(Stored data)
++++++++

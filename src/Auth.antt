-- ===== src/Auth.antt =====
-- The control authority, pwrapis/src/comservice.c: one client at a time may change settings.
pub mod Holder
pub mod Tests
use powerapi.Prelude.{ℕ, Bool, true, false, ◌&&◌, not, ◌==◌, if◌then◌else◌}
use powerapi.Codes.{success, err_control_auth_requested, err_control_auth_ownered_by_others}

-- `g_authed` and `g_authOwner`
pub record Auth : Type 0 where
  pub authed : Bool
  pub auth_owner : ℕ

abbrev pub no_auth : Auth
no_auth = record { authed = false; auth_owner = 0 }

unfoldable pub do_auth_request : Auth → ℕ → ℕ × Auth
do_auth_request a client =
    if a.authed
    then (if not (a.auth_owner == client) then (err_control_auth_requested, a) else (success, a))
    else (success, record { authed = true; auth_owner = client })

unfoldable pub do_auth_release : Auth → ℕ → ℕ × Auth
do_auth_release a client =
    if a.authed && a.auth_owner == client
    then (success, no_auth)
    else if not a.authed
    then (success, record a { auth_owner = 0 })
    else (err_control_auth_ownered_by_others, a)

-- `CleanControlAuth`
unfoldable pub clean_control_auth : Auth → ℕ → Auth
clean_control_auth a client = (do_auth_release a client).1
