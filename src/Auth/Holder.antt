-- ===== src/Auth/Holder.antt =====
-- The authority as the client that holds it, if one does.
use powerapi.Prelude.{ℕ, ◌≡◌, ◌≢◌, Option, none, some, List, [], ◌∷◌, ◌==◌, if◌then◌else◌, arith}
use powerapi.Codes.{success, err_control_auth_requested, err_control_auth_ownered_by_others}
use powerapi.Auth.{Auth, do_auth_request, do_auth_release, clean_control_auth}

abbrev pub holder : Auth → Option ℕ
holder a = if a.authed then some a.auth_owner else none

-- What a lock with one owner does.
unfoldable pub request : Option ℕ → ℕ → ℕ × Option ℕ
request none client = (success, some client)
request (some owner) client =
    if owner == client then (success, some owner) else (err_control_auth_requested, some owner)

unfoldable pub release : Option ℕ → ℕ → ℕ × Option ℕ
release none client = (success, none)
release (some owner) client =
    if owner == client then (success, none) else (err_control_auth_ownered_by_others, some owner)

-- Request and release answer, and change the holder, as those of a lock with one owner do.
pub auth_refines :
    (a : Auth) (client : ℕ)
    → ((do_auth_request a client).0 ≡ (request (holder a) client).0)
      × (holder (do_auth_request a client).1 ≡ (request (holder a) client).1)
      × ((do_auth_release a client).0 ≡ (release (holder a) client).0)
      × (holder (do_auth_release a client).1 ≡ (release (holder a) client).1)
unfolding do_auth_request do_auth_release request release
auth_refines a client = ground arith

-- The calls on the authority; `gone` is the clean-up for a client that is gone.
pub data Call : Type 0 where
  requests releases gone : ℕ → Call

pub step : Auth → Call → Auth
step a (requests c) = (do_auth_request a c).1
step a (releases c) = (do_auth_release a c).1
step a (gone c) = clean_control_auth a c

pub run : Auth → List Call → Auth
run a [] = a
run a (c ∷ cs) = run (step a c) cs

-- No call of the list gives the authority up in the name of the client.
abbrev pub KeptBy : ℕ → List Call → Type 0
KeptBy owner [] = Unit {0}
KeptBy owner (requests c ∷ cs) = KeptBy owner cs
KeptBy owner (releases c ∷ cs) = (c ≢ owner) × KeptBy owner cs
KeptBy owner (gone c ∷ cs) = (c ≢ owner) × KeptBy owner cs

step_keeps :
    (a : Auth) (owner : ℕ) (c : Call)
    → holder a ≡ some owner
    → KeptBy owner (c ∷ [])
    → holder (step a c) ≡ some owner
unfolding step do_auth_request do_auth_release clean_control_auth
step_keeps a owner (requests c) h k = ground arith
step_keeps a owner (releases c) h k = ground arith
step_keeps a owner (gone c) h k = ground arith

run_keeps :
    (a : Auth) (owner : ℕ) (cs : List Call)
    → holder a ≡ some owner
    → KeptBy owner cs
    → holder (run a cs) ≡ some owner
unfolding run
run_keeps a owner [] h k = h
run_keeps a owner (requests c ∷ cs) h k =
    run_keeps (step a (requests c)) owner cs (step_keeps a owner (requests c) h tt) k
run_keeps a owner (releases c ∷ cs) h k =
    run_keeps (step a (releases c)) owner cs (step_keeps a owner (releases c) h (k.0, tt)) k.1
run_keeps a owner (gone c ∷ cs) h k =
    run_keeps (step a (gone c)) owner cs (step_keeps a owner (gone c) h (k.0, tt)) k.1

-- Once a client's request has succeeded, whatever other requests, releases and clean-ups follow
-- that are not the client's own release or clean-up, the client still holds the authority and the
-- request of any other client is refused.
pub auth_exclusive :
    (a : Auth) (owner other : ℕ) (cs : List Call)
    → (do_auth_request a owner).0 ≡ success
    → KeptBy owner cs
    → other ≢ owner
    → (holder (run (do_auth_request a owner).1 cs) ≡ some owner)
      × ((do_auth_request (run (do_auth_request a owner).1 cs) other).0
          ≡ err_control_auth_requested)
unfolding do_auth_request
auth_exclusive a owner other cs granted kept ne =
    let held = run_keeps (do_auth_request a owner).1 owner cs (ground arith) kept in
    (held, ground (arith, held))
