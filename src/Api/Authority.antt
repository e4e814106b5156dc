-- ===== src/Api/Authority.antt =====
-- The library's status and the daemon's authority together: programs, one library each, whose
-- requests and releases the daemon answers.
use powerapi.Prelude.{ℕ, ◌≡◌, ◌≢◌, some, arith, ◌==◌, if◌then◌else◌}
use powerapi.Auth.{Auth, no_auth, do_auth_request, do_auth_release, clean_control_auth}
use powerapi.Auth.Holder.{holder}
use powerapi.Api.{
  PwrApiStatus, status_unregistered, status_authed, rank, pwr_register, pwr_un_register,
  pwr_request_control_auth, pwr_release_control_auth, check_status,
}

-- The status of each program, by the id of its process, and the authority in the daemon.
pub record System : Type 0 where
  pub status : ℕ → PwrApiStatus
  pub auth : Auth

abbrev pub initial : System
initial = record { status = λ c. status_unregistered; auth = no_auth }

abbrev pub set_status : (ℕ → PwrApiStatus) → ℕ → PwrApiStatus → ℕ → PwrApiStatus
set_status st c g d = if c == d then g else st d

-- A call of program `c`; the request or release goes to the daemon only if the status allows it.
abbrev pub requesting : System → ℕ → System
requesting s c =
    let (code, auth') = do_auth_request s.auth c in
    record {
      status = set_status s.status c (pwr_request_control_auth (s.status c) code).1;
      auth = if rank (s.status c) == 0 then s.auth else auth';
    }

abbrev pub releasing : System → ℕ → System
releasing s c =
    let (code, auth') = do_auth_release s.auth c in
    record {
      status = set_status s.status c (pwr_release_control_auth (s.status c) code).1;
      auth = if rank (s.status c) == 2 then auth' else s.auth;
    }

-- One step: a call of a program that the daemon answers, or the daemon's clean-up after a program
-- that is not authorized any more.
pub data Step : System → System → Type 0 where
  registers :
      (s : System) (c answer : ℕ)
      → Step s (record s { status = set_status s.status c (pwr_register (s.status c) answer).1 })
  unregisters :
      (s : System) (c answer : ℕ)
      → Step s (record s { status = set_status s.status c (pwr_un_register (s.status c) answer).1 })
  requests : (s : System) (c : ℕ) → Step s (requesting s c)
  releases : (s : System) (c : ℕ) → Step s (releasing s c)
  cleaned :
      (s : System) (c : ℕ)
      → s.status c ≢ status_authed
      → Step s (record s { auth = clean_control_auth s.auth c })

pub data Reach : System → Type 0 where
  start : Reach initial
  after : {s s' : System} → Reach s → Step s s' → Reach s'

-- A program that is authorized holds the authority.
abbrev pub Backed : System → Type 0
Backed s = (c : ℕ) → s.status c ≡ status_authed → holder s.auth ≡ some c

Step-Backed : {s s' : System} → Step s s' → Backed s → Backed s'
unfolding pwr_register pwr_un_register pwr_request_control_auth pwr_release_control_auth
    check_status do_auth_request do_auth_release clean_control_auth
Step-Backed (registers s c answer) b = λ d e. ground (arith, b d)
Step-Backed (unregisters s c answer) b = λ d e. ground (arith, b d)
Step-Backed (requests s c) b = λ d e. ground (arith, b d)
Step-Backed (releases s c) b = λ d e. ground (arith, b d, b c)
Step-Backed (cleaned s c n) b = λ d e. ground (arith, b d)

Reach-Backed : {s : System} → Reach s → Backed s
Reach-Backed start = λ c e. ground arith
Reach-Backed (after r st) = Step-Backed st (Reach-Backed r)

-- As long as each request and release that reaches the daemon is answered, and the daemon cleans up
-- only after programs that are not authorized, at most one of all programs is in the status
-- authorized, and that one holds the daemon's authority.
pub one_authed :
    (s : System) (c d : ℕ)
    → Reach s
    → s.status c ≡ status_authed
    → s.status d ≡ status_authed
    → (c ≡ d) × (holder s.auth ≡ some c)
one_authed s c d r ec ed = ground (arith, Reach-Backed r c ec, Reach-Backed r d ed)
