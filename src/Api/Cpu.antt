-- ===== src/Api/Cpu.antt =====
-- The calls on the processors, `PWR_CPU_...` of pwrapic/src/powerapi.c.
use powerapi.Prelude.{ℕ, Bool, ◌&&◌, ◌||◌, not, Option, none, some, List, ◌==◌, ltb, leb, length}
use powerapi.Prelude.Int.{ℤ, pos, ltb_ℤ}
use powerapi.Codes.{err_invalide_param, err_null_pointer}
use powerapi.Api.{
  PwrApiStatus, status_registerted, status_authed, Outcome, refused, handed, check_status,
  check_null_pointer, check_param, get_cpu_info, get_cpu_perf_data, get_cpu_freq_range,
  get_cpu_dma_latency, get_cpu_usage, get_cpu_freq_ability, get_cpu_freq_governor,
  set_cpu_freq_range, set_cpu_freq_governor, get_cpu_cur_freq, set_cpu_cur_freq,
  set_cpu_dma_latency,
}

-- `MAX_ELEMENT_NAME_LEN`
abbrev pub max_element_name_len : ℕ
max_element_name_len = 32

abbrev pub max_cpu_dma_latency : ℤ
max_cpu_dma_latency = pos 2_000_000_000

unfoldable pub pwr_cpu_get_info : PwrApiStatus → Bool → Outcome
unfolding check_status check_null_pointer
pwr_cpu_get_info g cpu_info =
    check_status g status_registerted (check_null_pointer cpu_info (handed get_cpu_info))

-- `sizeof(PWR_CPU_Usage)` first.
unfoldable pub pwr_cpu_get_usage : ℕ → PwrApiStatus → Bool → ℕ → Outcome
unfolding check_status check_null_pointer check_param
pwr_cpu_get_usage size g usage buffer_size = check_status g status_registerted (
    check_null_pointer usage
      (check_param (ltb buffer_size size) (handed (get_cpu_usage buffer_size))))

unfoldable pub pwr_cpu_get_perf_data : PwrApiStatus → Bool → Outcome
unfolding check_status check_null_pointer
pwr_cpu_get_perf_data g perf_data =
    check_status g status_registerted (check_null_pointer perf_data (handed get_cpu_perf_data))

-- `sizeof(PWR_CPU_FreqAbility)` first.
unfoldable pub pwr_cpu_get_freq_ability : ℕ → PwrApiStatus → Bool → ℕ → Outcome
unfolding check_status check_null_pointer check_param
pwr_cpu_get_freq_ability size g freq_abi buffer_size = check_status g status_registerted (
    check_null_pointer freq_abi
      (check_param (ltb buffer_size size) (handed (get_cpu_freq_ability buffer_size))))

unfoldable pub pwr_cpu_get_freq_range : PwrApiStatus → Bool → Outcome
unfolding check_status check_null_pointer
pwr_cpu_get_freq_range g freq_range =
    check_status g status_registerted (check_null_pointer freq_range (handed get_cpu_freq_range))

unfoldable pub pwr_cpu_set_freq_range : PwrApiStatus → Bool → Outcome
unfolding check_status check_null_pointer
pwr_cpu_set_freq_range g freq_range =
    check_status g status_authed (check_null_pointer freq_range (handed set_cpu_freq_range))

unfoldable pub pwr_cpu_get_freq_governor : PwrApiStatus → Bool → ℕ → Outcome
unfolding check_status check_null_pointer check_param
pwr_cpu_get_freq_governor g gov size = check_status g status_registerted (
    check_null_pointer gov
      (check_param (ltb size max_element_name_len) (handed (get_cpu_freq_governor size))))

-- The test on the length of a name.
abbrev pub bad_name : List ℕ → Bool
bad_name name = length name == 0 || leb max_element_name_len (length name)

unfoldable pub pwr_cpu_set_freq_governor : PwrApiStatus → Option (List ℕ) → Outcome
unfolding check_status check_param
pwr_cpu_set_freq_governor g none = check_status g status_authed (refused err_null_pointer)
pwr_cpu_set_freq_governor g (some gov) =
    check_status g status_authed (check_param (bad_name gov) (handed (set_cpu_freq_governor gov)))

-- `!len || *len == 0`, before what is done with the length.
unfoldable pub check_len : Option ℕ → (ℕ → Outcome) → Outcome
unfolding check_param
check_len none rest = refused err_invalide_param
check_len (some len) rest = check_param (len == 0) (rest len)

-- `spec != TRUE && spec != FALSE`
abbrev pub bad_spec : ℕ → Bool
bad_spec spec = not (spec == 1) && not (spec == 0)

unfoldable pub pwr_cpu_get_freq : PwrApiStatus → Bool → Option ℕ → ℕ → Outcome
unfolding check_status check_null_pointer check_param check_len
pwr_cpu_get_freq g cur_freq len spec = check_status g status_registerted (
    check_null_pointer cur_freq
      (check_len len λ n. check_param (bad_spec spec) (handed (get_cpu_cur_freq n spec))))

unfoldable pub pwr_cpu_set_freq : PwrApiStatus → Bool → ℕ → Outcome
unfolding check_status check_null_pointer check_param
pwr_cpu_set_freq g cur_freq len =
    check_status g status_authed
      (check_null_pointer cur_freq (check_param (len == 0) (handed (set_cpu_cur_freq len))))

unfoldable pub pwr_cpu_dma_get_latency : PwrApiStatus → Bool → Outcome
unfolding check_status check_null_pointer
pwr_cpu_dma_get_latency g latency =
    check_status g status_registerted (check_null_pointer latency (handed get_cpu_dma_latency))

unfoldable pub pwr_cpu_dma_set_latency : PwrApiStatus → ℤ → Outcome
unfolding check_status check_param
pwr_cpu_dma_set_latency g latency = check_status g status_authed (
    check_param (ltb_ℤ latency (pos 0) || ltb_ℤ max_cpu_dma_latency latency)
      (handed (set_cpu_dma_latency latency)))
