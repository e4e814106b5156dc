-- ===== src/Api/Devices.antt =====
-- The calls on disks, network and usb devices, `PWR_DISK_...`, `PWR_NET_...` and `PWR_USB_...` of
-- pwrapic/src/powerapi.c.
use powerapi.Prelude.{ℕ, Bool, Option, none, some, List, ◌==◌, leb}
use powerapi.Codes.{err_null_pointer}
use powerapi.Api.Cpu.{bad_name, bad_spec, check_len}
use powerapi.Api.{
  PwrApiStatus, status_registerted, status_authed, Outcome, refused, handed, check_status,
  check_null_pointer, check_param, get_disk_list, get_disk_load, get_disk_pwr_level,
  get_disk_scsi_policy, set_disk_pwr_level, set_disk_scsi_policy, get_net_info, get_net_through,
  get_net_speed_mod, set_net_speed_mod, get_usb_auto_suspend, set_usb_auto_suspend,
}

unfoldable pub pwr_disk_get_list : PwrApiStatus → Bool → Option ℕ → Outcome
unfolding check_status check_null_pointer check_len
pwr_disk_get_list g disk_list len =
    check_status g status_registerted
      (check_null_pointer disk_list (check_len len λ n. handed (get_disk_list n)))

unfoldable pub pwr_disk_get_load : PwrApiStatus → Bool → Option ℕ → ℕ → Outcome
unfolding check_status check_null_pointer check_param check_len
pwr_disk_get_load g load len spec = check_status g status_registerted (
    check_null_pointer load
      (check_len len λ n. check_param (bad_spec spec) (handed (get_disk_load n spec))))

unfoldable pub pwr_disk_get_pwr_level : PwrApiStatus → Bool → Option ℕ → ℕ → Outcome
unfolding check_status check_null_pointer check_param check_len
pwr_disk_get_pwr_level g pwr_level len spec = check_status g status_registerted (
    check_null_pointer pwr_level
      (check_len len λ n. check_param (bad_spec spec) (handed (get_disk_pwr_level n spec))))

unfoldable pub pwr_disk_set_pwr_level : PwrApiStatus → Bool → ℕ → Outcome
unfolding check_status check_null_pointer check_param
pwr_disk_set_pwr_level g pwr_level len =
    check_status g status_authed
      (check_null_pointer pwr_level (check_param (len == 0) (handed (set_disk_pwr_level len))))

unfoldable pub pwr_disk_get_scsi_policy : PwrApiStatus → Bool → Option ℕ → ℕ → Outcome
unfolding check_status check_null_pointer check_param check_len
pwr_disk_get_scsi_policy g scsi_policy len spec = check_status g status_registerted (
    check_null_pointer scsi_policy
      (check_len len λ n. check_param (bad_spec spec) (handed (get_disk_scsi_policy n spec))))

unfoldable pub pwr_disk_set_scsi_policy : PwrApiStatus → Bool → ℕ → Outcome
unfolding check_status check_null_pointer check_param
pwr_disk_set_scsi_policy g scsi_policy len =
    check_status g status_authed
      (check_null_pointer scsi_policy (check_param (len == 0) (handed (set_disk_scsi_policy len))))

-- `sizeof(PWR_NET_Info)` first; a buffer of just that size is refused.
unfoldable pub pwr_net_get_info : ℕ → PwrApiStatus → Bool → ℕ → Outcome
unfolding check_status check_null_pointer check_param
pwr_net_get_info size g net_info buffer_size = check_status g status_registerted (
    check_null_pointer net_info
      (check_param (leb buffer_size size) (handed (get_net_info buffer_size))))

unfoldable pub pwr_net_get_throuth : PwrApiStatus → Option (List ℕ) → Bool → Outcome
unfolding check_status check_null_pointer check_param
pwr_net_get_throuth g none eth_through =
    check_status g status_registerted (refused err_null_pointer)
pwr_net_get_throuth g (some eth_name) eth_through = check_status g status_registerted (
    check_null_pointer eth_through
      (check_param (bad_name eth_name) (handed (get_net_through eth_name))))

unfoldable pub pwr_net_get_speed_mod : PwrApiStatus → Option (List ℕ) → Bool → Outcome
unfolding check_status check_null_pointer check_param
pwr_net_get_speed_mod g none speed_mod =
    check_status g status_registerted (refused err_null_pointer)
pwr_net_get_speed_mod g (some eth_name) speed_mod = check_status g status_registerted (
    check_null_pointer speed_mod
      (check_param (bad_name eth_name) (handed (get_net_speed_mod eth_name))))

unfoldable pub pwr_net_set_speed_mod : PwrApiStatus → Option (List ℕ) → ℕ → Outcome
unfolding check_status
pwr_net_set_speed_mod g none speed_mod = check_status g status_authed (refused err_null_pointer)
pwr_net_set_speed_mod g (some eth_name) speed_mod =
    check_status g status_authed (handed (set_net_speed_mod eth_name speed_mod))

unfoldable pub pwr_usb_get_auto_suspend : PwrApiStatus → Bool → Option ℕ → Outcome
unfolding check_status check_null_pointer check_len
pwr_usb_get_auto_suspend g usb_ats len =
    check_status g status_registerted
      (check_null_pointer usb_ats (check_len len λ n. handed (get_usb_auto_suspend n)))

unfoldable pub pwr_usb_set_auto_suspend : PwrApiStatus → Bool → ℕ → Outcome
unfolding check_status check_null_pointer check_param
pwr_usb_set_auto_suspend g usb_ats len =
    check_status g status_authed
      (check_null_pointer usb_ats (check_param (len == 0) (handed (set_usb_auto_suspend len))))
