-- ===== src/Examples/Ascii.antt =====
-- The characters of ASCII, as Python's Unicode database has them.
use Prim.Native.Char.{Char, code}
use hse_graduate_qualificati.Base.{
  ℕ, ◌-◌, String, refl, Bool, ◌&&◌, ◌||◌, none, some, leb, ◌==◌, if◌then◌else◌,
}
use hse_graduate_qualificati.Base.Unicode.{Unicode}
use hse_graduate_qualificati.Dsl.Loader.Where.Agreement.{DollarLaws}

between : ℕ → ℕ → Char → Bool
between low high c = leb low (code c) && leb (code c) high

-- The keywords of a where text in upper case; other texts are left alone.
upper_keyword : String → String
upper_keyword s =
    if s == "and" then "AND" else if s == "or" then "OR" else if s == "not" then "NOT" else s

unfoldable pub ascii : Unicode
unfolding between upper_keyword
ascii = record {
  is_space = λ c. between 9 13 c || between 28 32 c;
  is_alpha = λ c. between 65 90 c || between 97 122 c;
  is_digit = between 48 57;
  decimal = λ c. if between 48 57 c then some (code c - 48) else none;
  upper = upper_keyword;
}

pub ascii_laws : DollarLaws ascii
unfolding ascii
ascii_laws = record { space = refl; alpha = refl; decimal = refl }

++++++++

• _What the exercise asks_: What lines above contain the string "rank"? Copy all of them.

• _Response to the task_:
  PwrApiStatus, status_unregistered, status_authed, rank, pwr_register, pwr_un_register,
      auth = if rank (s.status c) == 0 then s.auth else auth';
      auth = if rank (s.status c) == 2 then auth' else s.auth;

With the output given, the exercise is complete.